Great final shots and very nice 50/50 on the bonnet - stunning work :thumb:


----------



## MadOnVaux! (Jun 2, 2008)

Absolutely and utterly awesome 

Work and write-up superb thankyou for sharing


----------



## impster (May 2, 2007)

Very nice work.


----------



## Tiggs (Feb 28, 2007)

Absolutely fantastic job.....

and your english is better than my french, understood everything you wrote.


:thumb::thumb:







.


----------



## scottgm (Dec 27, 2009)

Amazing work there. Great Turn-around :thumb:

Why would you let such a car get in a state like that to start with :O


----------



## magpieV6 (Jul 29, 2008)

wow! stunning work!


----------



## andyt13 (May 21, 2009)

one word mate, "Stunning"


----------



## Jim_964 (Jan 25, 2009)

Looking good! :thumb: Looks very familiar, even down to some of the swirl marks

Went to the paintshop this morning and booked mine in for a full respray and ordered the first load of new seals and trim fixings this afternoon but I'll make this little project the subject of it's own thread.


----------



## nick.s (Dec 21, 2009)

Simply stunning results on what is my dream car!


----------



## Norman (Sep 5, 2006)

Stunning


----------



## RandomlySet (Jul 10, 2007)

very nice


----------



## remonrace (Jan 13, 2009)

That's a huge improvement.


----------



## gb270 (Aug 22, 2008)

Great work very nice


----------



## ALANSHR (Jun 29, 2007)

Truly stunning finish and great attention to the little things which has made all the difference to the end result, well done to you.


----------



## GTI Baz (Mar 8, 2010)

Now that is amazing....Fantastic work.


----------



## Fabien (Dec 16, 2009)

Sebony said:


> Nice one, working on a 911 is always a great pleasure!
> 
> Quick question, what did you used to recolor with the Colourlock Leather Fresh? Did you used a customized color or the standart black one?
> Thanks!


The color I use In France call F034 the standard black, I hope it will help you 
Thank you for your nice comment.

And thank you for every body for all your impressive comments :wave::thumb:


----------



## yetizone (Jun 25, 2008)

What a truly stunning transformation - a pleasure to read through :thumb:


----------



## Sebony (Feb 4, 2010)

Txs a lot Fabien, I'm french as well, and just ordered the same reference from Swissvax.
Did you used a small sponge to apply it?
Merci, et well done encore une fois 


Fabien said:


> The color I use In France call F034 the standard black, I hope it will help you
> Thank you for your nice comment.
> 
> And thank you for every body for all your impressive comments :wave::thumb:


----------



## pringle_addict (Jan 2, 2008)

Absolutley stunniong work on a fantastic car. The difference in the befores and afters is quite remarkable. Excellent work all round 

I bet the owner was really pleased.

Oh, and the word you were looking for is 'lighter'.

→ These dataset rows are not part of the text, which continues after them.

-- ===== src/Syscall.antt =====
-- src/syscall.rs: the numbers of the system calls and their dispatch. Memory is read by bytes, and
-- what `vga_print_char` is called with is a list; an i64 result is the word it leaves in `rax`.
pub mod Numbers
pub mod Dispatch
use delta_os.Base.{
  ℕ, zero, suc, ◌+◌, ◌-◌, ◌%◌, Bool, ◌||◌, Option, none, some, List, [], ◌∷◌, ◌++◌, if◌then◌else◌,
  ◌==◌,
}
use delta_os.Base.Word.{u64_mod}
use delta_os.Kernel.Result.{
  KernelResult, KernelError, ok, err, out_of_memory, invalid_address, page_not_mapped,
  page_already_mapped, invalid_argument, device_not_found, file_system_not_found, file_not_found,
  io_error, module_not_found, access_denied, general_fault,
}

pub data SyscallNumber : Type 0 where
  read write open_file close seek stat mkdir unlink getdents mount umount : SyscallNumber
  clone exit waitpid getpid yield_cpu mmap munmap print readline sysinfo : SyscallNumber

-- The discriminants.
unfoldable pub number : SyscallNumber → ℕ
number read = 0
number write = 1
number open_file = 2
number close = 3
number seek = 4
number stat = 5
number mkdir = 6
number unlink = 7
number getdents = 8
number mount = 10
number umount = 11
number clone = 20
number exit = 21
number waitpid = 22
number getpid = 23
number yield_cpu = 24
number mmap = 30
number munmap = 31
number print = 100
number readline = 101
number sysinfo = 200

-- `SyscallNumber::from`
unfoldable pub from : ℕ → SyscallNumber
from v =
    if v == 0
    then read
    else if v == 1
    then write
    else if v == 2
    then open_file
    else if v == 3
    then close
    else if v == 4
    then seek
    else if v == 5
    then stat
    else if v == 6
    then mkdir
    else if v == 7
    then unlink
    else if v == 8
    then getdents
    else if v == 10
    then mount
    else if v == 11
    then umount
    else if v == 20
    then clone
    else if v == 21
    then exit
    else if v == 22
    then waitpid
    else if v == 23
    then getpid
    else if v == 24
    then yield_cpu
    else if v == 30
    then mmap
    else if v == 31
    then munmap
    else if v == 100
    then print
    else if v == 101
    then readline
    else if v == 200
    then sysinfo
    else read

-- `isize::from`, as the amount below zero.
unfoldable pub errno : KernelError → ℕ
errno out_of_memory = 12
errno invalid_address = 14
errno page_not_mapped = 2
errno page_already_mapped = 17
errno invalid_argument = 22
errno device_not_found = 19
errno file_system_not_found = 19
errno file_not_found = 2
errno io_error = 5
errno module_not_found = 2
errno access_denied = 13
errno general_fault = 1

-- The bytes of a buffer.
unfoldable pub bytes : (ℕ → ℕ) → ℕ → ℕ → List ℕ
bytes mem addr zero = []
bytes mem addr (suc count) = mem addr ∷ bytes mem (addr + 1) count

-- A call's result and the screen after it; none where the call does not return.
abbrev pub Served : Type 0
Served = Option (KernelResult ℕ × List ℕ)

unfoldable pub sys_write : (ℕ → ℕ) → List ℕ → ℕ → ℕ → ℕ → Served
sys_write mem screen fd buffer count =
    if (fd == 1) || (fd == 2)
    then some (ok count, screen ++ bytes mem buffer count)
    else some (err io_error, screen)

unfoldable pub sys_print : (ℕ → ℕ) → List ℕ → ℕ → ℕ → Served
sys_print mem screen buffer count = some (ok count, screen ++ bytes mem buffer count)

unfoldable pub serve : (ℕ → ℕ) → List ℕ → SyscallNumber → ℕ → ℕ → ℕ → Served
unfolding sys_write sys_print
serve mem screen write arg1 arg2 arg3 = sys_write mem screen arg1 arg2 arg3
serve mem screen print arg1 arg2 arg3 = sys_print mem screen arg1 arg2
serve mem screen getpid arg1 arg2 arg3 = some (ok 1, screen)
serve mem screen yield_cpu arg1 arg2 arg3 = some (ok 0, screen)
serve mem screen close arg1 arg2 arg3 = some (ok 0, screen)
serve mem screen munmap arg1 arg2 arg3 = some (ok 0, screen)
serve mem screen exit arg1 arg2 arg3 = none
serve mem screen _ arg1 arg2 arg3 = some (err io_error, screen)

-- `val as i64` and the negative number of an error, both as the 64-bit word.
unfoldable pub result_word : KernelResult ℕ → ℕ
unfolding errno
result_word (ok v) = v % u64_mod
result_word (err e) = u64_mod - errno e

unfoldable pub finish : Served → Option (ℕ × List ℕ)
finish none = none
finish (some (result, screen)) = some (result_word result, screen)

unfoldable pub rust_syscall_handler : (ℕ → ℕ) → List ℕ → ℕ → ℕ → ℕ → ℕ → Option (ℕ × List ℕ)
unfolding finish serve from
rust_syscall_handler mem screen nr arg1 arg2 arg3 =
    finish (serve mem screen (from nr) arg1 arg2 arg3)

Your english is still a million times better than my french


----------



## cfherd (Jan 14, 2010)

Love it love it love it. Such a fan of the 964 especially in black with Cup alloys. Great work on what looked like a tired car.


----------



## evenflow (Apr 2, 2008)

Wow! Fantastique!


----------



## iestynd (Mar 6, 2010)

Brilliant work 

How much would something like that cost? To have done i mean, its 4 days hard graft after all?

Excellent result added value to the car:detailer:


----------



## matt_83 (Apr 28, 2009)

Really excellent work!


----------



## Fabien (Dec 16, 2009)

Sebony said:


> Txs a lot Fabien, I'm french as well, and just ordered the same reference from Swissvax.
> Did you used a small sponge to apply it?
> Merci, et well done encore une fois


Yes I used a black sponge to apply the "color".

Thank you once more.


----------



## Fabien (Dec 16, 2009)

cfherd said:


> Love it love it love it. Such a fan of the 964 especially in black with Cup alloys. Great work on what looked like a tired car.


I love it too, at the end of each Detail, the difficulty is to let the car leave with the owner.
The 964 is a super car, with beautiful lines, and this froggy eyes without complex !!

Thank you for all your comment


----------



## wrxmania (Apr 15, 2007)

Excellent work.

Brian


----------



## simon 2 (Nov 4, 2009)

Absolutely brilliant. Thoroughly enjoyed your write up and the after pictures are stunning.

Congratulations and I hope the owner was a VERY happy man and tipped you sufficently:thumb:

Simon


----------



## tony2 (Jan 31, 2010)

Brilliant work mate.........Stunning bet the owner was pleased


----------



## pembroke (Feb 7, 2010)

Wow!! Stunning!!


----------



## Guest (Mar 19, 2010)

amazing work mate, that is such a stark contrast.


----------



## NL-J (Jun 14, 2008)

Excellent work, car looks stunning now:thumb:


----------



## Fabien (Dec 16, 2009)

Many Thanks everybody, the Owner was very surprised, he did'nt expect such a result.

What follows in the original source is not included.